What is the best type of entity to establish my business as?
If you’re reading this, you might be considering starting a business. I’m sure you already know what your business will be named, who you will employ, and where your office will be set up. Just as important is choosing how to organize/incorporate it.
You can make your entity an S-corp, C-corp, LLC, Single Member LLC, FLP, sole proprietorship, etc. Each has its own advantages and disadvantages, and it’s important to choose the most appropriate based on your situation.
The type of entity you choose affects how you pay taxes, shapes your retirement planning, investment strategies, succession planning, and more.

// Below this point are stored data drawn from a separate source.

-- ===== src/Lookup/Refs.antt =====
-- The references that the start of a path takes.
use sdp_project_c.Common.{
  ℕ, ap, ◌+◌, ◌<◌, ◌≡◌, refl, sym, ◌∙◌, true, false, Option, none, some, ok, ◌>>=◌, ◌>>◌, require,
  assertion, Returns, Returns-bind, arith, ltb, ◌==◌, if◌then◌else◌, ℕ_discrete,
}
use sdp_project_c.Spinlock.{unheld, spinlock_acquire, spinlock_release}
use sdp_project_c.Files.{enoent}
use sdp_project_c.Vnode.{vnode_incref, vnode_decref}
use sdp_project_c.Lookup.{
  Answer, refused, gives, Vfs, Devices, vop_incref, vop_decref, receive, vfs_getcurdir,
  current_root, boot_root,
}

-- The reference that comes with an answer.
abbrev pub owes : Answer → ℕ → ℕ
owes (refused e) x = 0
owes (gives u) x = if u == x then 1 else 0

-- Nobody has the lock of a vnode, and the references are those of `s` and that of the answer.
pub record Counted (s : Vfs) (answer : Answer) (s' : Vfs) : Type 0 where
  pub free : (x : ℕ) → (s'.vnodes x).vn_countlock ≡ unheld
  pub refs : (x : ℕ) → (s'.vnodes x).vn_refcount ≡ (s.vnodes x).vn_refcount + owes answer x

pub vop_incref-Counted :
    (u : ℕ) (s : Vfs)
    → ((x : ℕ) → (s.vnodes x).vn_countlock ≡ unheld)
    → Returns (vop_incref u s) (Counted s (gives u))
unfolding vop_incref vnode_incref spinlock_acquire spinlock_release
vop_incref-Counted u s free = rw (free u) (record {
  free = λ x. elim (ℕ_discrete u x) [
    | yes here ↦ let same : (u == x) ≡ true = ground arith in rw same refl
    | no other ↦ let differs : (u == x) ≡ false = ground arith in rw differs (free x)
  ];
  refs = λ x. elim (ℕ_discrete u x) [
    | yes here ↦ let same : (u == x) ≡ true = ground arith in rw (same, here) refl
    | no other ↦ let differs : (u == x) ≡ false = ground arith in rw differs (omega arith)
  ];
})

pub receive-Counted :
    (answer : Answer) (s : Vfs)
    → ((x : ℕ) → (s.vnodes x).vn_countlock ≡ unheld)
    → Returns (receive answer s) (Counted s answer)
unfolding receive
receive-Counted (refused e) s free = record { free = free; refs = λ x. omega arith }
receive-Counted (gives u) s free = vop_incref-Counted u s free

-- A reference of two or more is given back.
pub vop_decref-Counted :
    (u : ℕ) (s : Vfs)
    → ((x : ℕ) → (s.vnodes x).vn_countlock ≡ unheld)
    → 1 < (s.vnodes u).vn_refcount
    → Returns
        (vop_decref u s)
        (λ s'. Counted s' (gives u) s × ((x : ℕ) → (s'.vnodes x).vn_countlock ≡ unheld))
unfolding vop_decref vnode_decref spinlock_acquire spinlock_release
vop_decref-Counted u s free two =
    let some_left : ltb 0 (s.vnodes u).vn_refcount ≡ true = ground (arith, two) in
    let more_left : ltb 1 (s.vnodes u).vn_refcount ≡ true = ground (arith, two) in
    rw (free u, some_left, more_left)
      (
        record {
          free = free;
          refs = λ x. elim (ℕ_discrete u x) [
            | yes here ↦
                let same : (u == x) ≡ true = ground arith in
                rw (same, sym here) (omega (arith, two))
            | no other ↦ let differs : (u == x) ≡ false = ground arith in rw differs (omega arith)
          ];
        },
        λ x. elim (ℕ_discrete u x) [
          | yes here ↦ let same : (u == x) ≡ true = ground arith in rw same refl
          | no other ↦ let differs : (u == x) ≡ false = ground arith in rw differs (free x)
        ],
      )

-- Where a path starts: the boot file system, the current directory, or the root of its file system.
abbrev pub boot_start : Vfs → Answer
boot_start s = elim s.bootfs_vnode [ none ↦ refused enoent | some u ↦ gives u ]

abbrev pub cwd_start : Vfs → Answer
cwd_start s = elim s.p_cwd [ none ↦ refused enoent | some u ↦ gives u ]

abbrev pub cwd_root : Devices → Vfs → Answer
cwd_root d s = elim s.p_cwd [ none ↦ refused enoent | some u ↦ d.fsop_getroot u ]

-- The current directory, where it is the answer.
abbrev pub IsCwd : Vfs → Answer → Type 0
IsCwd s (refused e) = Unit
IsCwd s (gives u) = s.p_cwd ≡ some u

pub vfs_getcurdir-Counted :
    (s : Vfs)
    → ((x : ℕ) → (s.vnodes x).vn_countlock ≡ unheld)
    → s.p_lock ≡ unheld
    → Returns (vfs_getcurdir s) (λ r. Counted s r.0 r.1 × IsCwd s r.0 × (r.0 ≡ cwd_start s))
unfolding vfs_getcurdir spinlock_acquire spinlock_release
vfs_getcurdir-Counted s free unlocked = rw unlocked (by_cwd s.p_cwd refl)
  where
    s₀ : Vfs
    s₀ = record s { p_lock = unheld }

    by_cwd :
        (cwd : Option ℕ)
        → s.p_cwd ≡ cwd
        → Returns
            (◌>>=◌ {Before = Answer × Vfs} {After = Answer × Vfs}
              (elim cwd [
                | none ↦ ok (refused enoent, s)
                | some u ↦ (vop_incref u s >>= λ s'. ok (gives u, s'))
              ])
              (λ r. ok (r.0, record r.1 { p_lock = unheld })))
            (λ r.
              Counted s₀ r.0 r.1
              × IsCwd s₀ r.0
              × (r.0 ≡ elim cwd [ none ↦ refused enoent | some u ↦ gives u ]))
    by_cwd none e = (record { free = free; refs = λ x. omega arith }, tt, refl)
    by_cwd (some u) e =
        Returns-bind (λ r. Counted s r.0 r.1 × IsCwd s r.0 × (r.0 ≡ gives u)) _
          (do s' ← vop_incref u s; ok (gives u, s')) _
          (Returns-bind _ (λ r. Counted s r.0 r.1 × IsCwd s r.0 × (r.0 ≡ gives u)) (vop_incref u s)
            _ (vop_incref-Counted u s free) (λ s' h. (h, e, refl)))
          (λ r h. (record { free = h.0.free; refs = h.0.refs }, h.1, h.2))

pub boot_root-Counted :
    (s : Vfs)
    → ((x : ℕ) → (s.vnodes x).vn_countlock ≡ unheld)
    → Returns (boot_root s) (λ r. Counted s r.0 r.1 × (r.0 ≡ boot_start s))
unfolding boot_root
boot_root-Counted s free = by_boot s.bootfs_vnode
  where
    by_boot :
        (boot : Option ℕ)
        → Returns {A = Answer × Vfs}
            (elim boot [
              | none ↦ ok (refused enoent, s)
              | some u ↦ (do s' ← vop_incref u s; ok (gives u, s'))
            ])
            (λ r.
              Counted s r.0 r.1 × (r.0 ≡ elim boot [ none ↦ refused enoent | some u ↦ gives u ]))
    by_boot none = (record { free = free; refs = λ x. omega arith }, refl)
    by_boot (some u) =
        Returns-bind _ _ (vop_incref u s) _ (vop_incref-Counted u s free) (λ s' h. (h, refl))

pub current_root-Counted :
    (d : Devices) (s : Vfs)
    → ((x : ℕ) → (s.vnodes x).vn_countlock ≡ unheld)
    → s.p_lock ≡ unheld
    → ((u : ℕ) → s.p_cwd ≡ some u → (d.has_fs u ≡ true) × (0 < (s.vnodes u).vn_refcount))
    → Returns (current_root d s) (λ r. Counted s r.0 r.1 × (r.0 ≡ cwd_root d s))
unfolding current_root
current_root-Counted d s free unlocked cwd =
    Returns-bind _ _ (vfs_getcurdir s) _ (vfs_getcurdir-Counted s free unlocked)
      (λ r h. root r.0 r.1 h.0 h.1 (root_of r.0 s.p_cwd h.2))
  where
    root_of :
        (answer : Answer) (cwd : Option ℕ)
        → answer ≡ elim cwd [ none ↦ refused enoent | some u ↦ gives u ]
        → ◌≡◌ {A = Answer}
            (elim answer [ refused e ↦ refused e | gives u ↦ d.fsop_getroot u ])
            (elim cwd [ none ↦ refused enoent | some u ↦ d.fsop_getroot u ])
    root_of answer none e =
        ap (λ (a : Answer). elim a [ refused e ↦ refused e | gives u ↦ d.fsop_getroot u ]) e
    root_of answer (some u) e =
        ap (λ (a : Answer). elim a [ refused e ↦ refused e | gives u ↦ d.fsop_getroot u ]) e

    two_of :
        (u : ℕ) (s' s₂ : Vfs)
        → Counted s (gives u) s'
        → Counted s' (d.fsop_getroot u) s₂
        → 0 < (s.vnodes u).vn_refcount
        → 1 < (s₂.vnodes u).vn_refcount
    two_of u s' s₂ h k counted =
        let same : (u == u) ≡ true = ground arith in
        let taken : (s'.vnodes u).vn_refcount ≡ (s.vnodes u).vn_refcount + 1 =
          h.refs u ∙ rw same refl in
        omega (arith, taken, k.refs u, counted)

    root :
        (answer : Answer) (s' : Vfs)
        → Counted s answer s'
        → IsCwd s answer
        → ◌≡◌ {A = Answer}
            (elim answer [ refused e ↦ refused e | gives u ↦ d.fsop_getroot u ])
            (cwd_root d s)
        → Returns {A = Answer × Vfs}
            (elim answer [
              | refused e ↦ ok (refused e, s')
              | gives u ↦ do
                require (d.has_fs u) assertion
                s₂ ← receive (d.fsop_getroot u) s'
                s₃ ← vop_decref u s₂
                ok (d.fsop_getroot u, s₃)
            ])
            (λ r. Counted s r.0 r.1 × (r.0 ≡ cwd_root d s))
    root (refused e) s' h is at = (h, at)
    root (gives u) s' h is at = rw ((cwd u is).0) (
        Returns-bind _ _ (receive (d.fsop_getroot u) s') _
          (receive-Counted (d.fsop_getroot u) s' h.free)
          (λ s₂ k.
            Returns-bind _ _ (vop_decref u s₂) _
              (vop_decref-Counted u s₂ k.free (two_of u s' s₂ h k (cwd u is).1))
              (λ s₃ l. (
                record { free = l.1; refs = λ x. omega (arith, l.0.refs x, k.refs x, h.refs x) },
                at,
              ))))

What Entity Type Should I Choose?
Sole Proprietorship
A sole proprietorship is the default structure for single-owner businesses. It’s the simplest from an administrative standpoint as it requires no formal filing or setup. You as the owner and your business are legally indistinguishable, and all income/expenses will flow directly through to your personal tax return on Schedule C.
Sole proprietors are subject to self-employment taxes on all business income, currently 15.3% on earnings up to the Social Security wage base.
Retirement plan options under a sole proprietorship are limited to SEP-IRAs and individual 401(k)s, which can limit your ability to maximize tax-deferred savings. Also, the lack of entity-level distinction makes succession planning more complex as there's no separate business interest to transfer.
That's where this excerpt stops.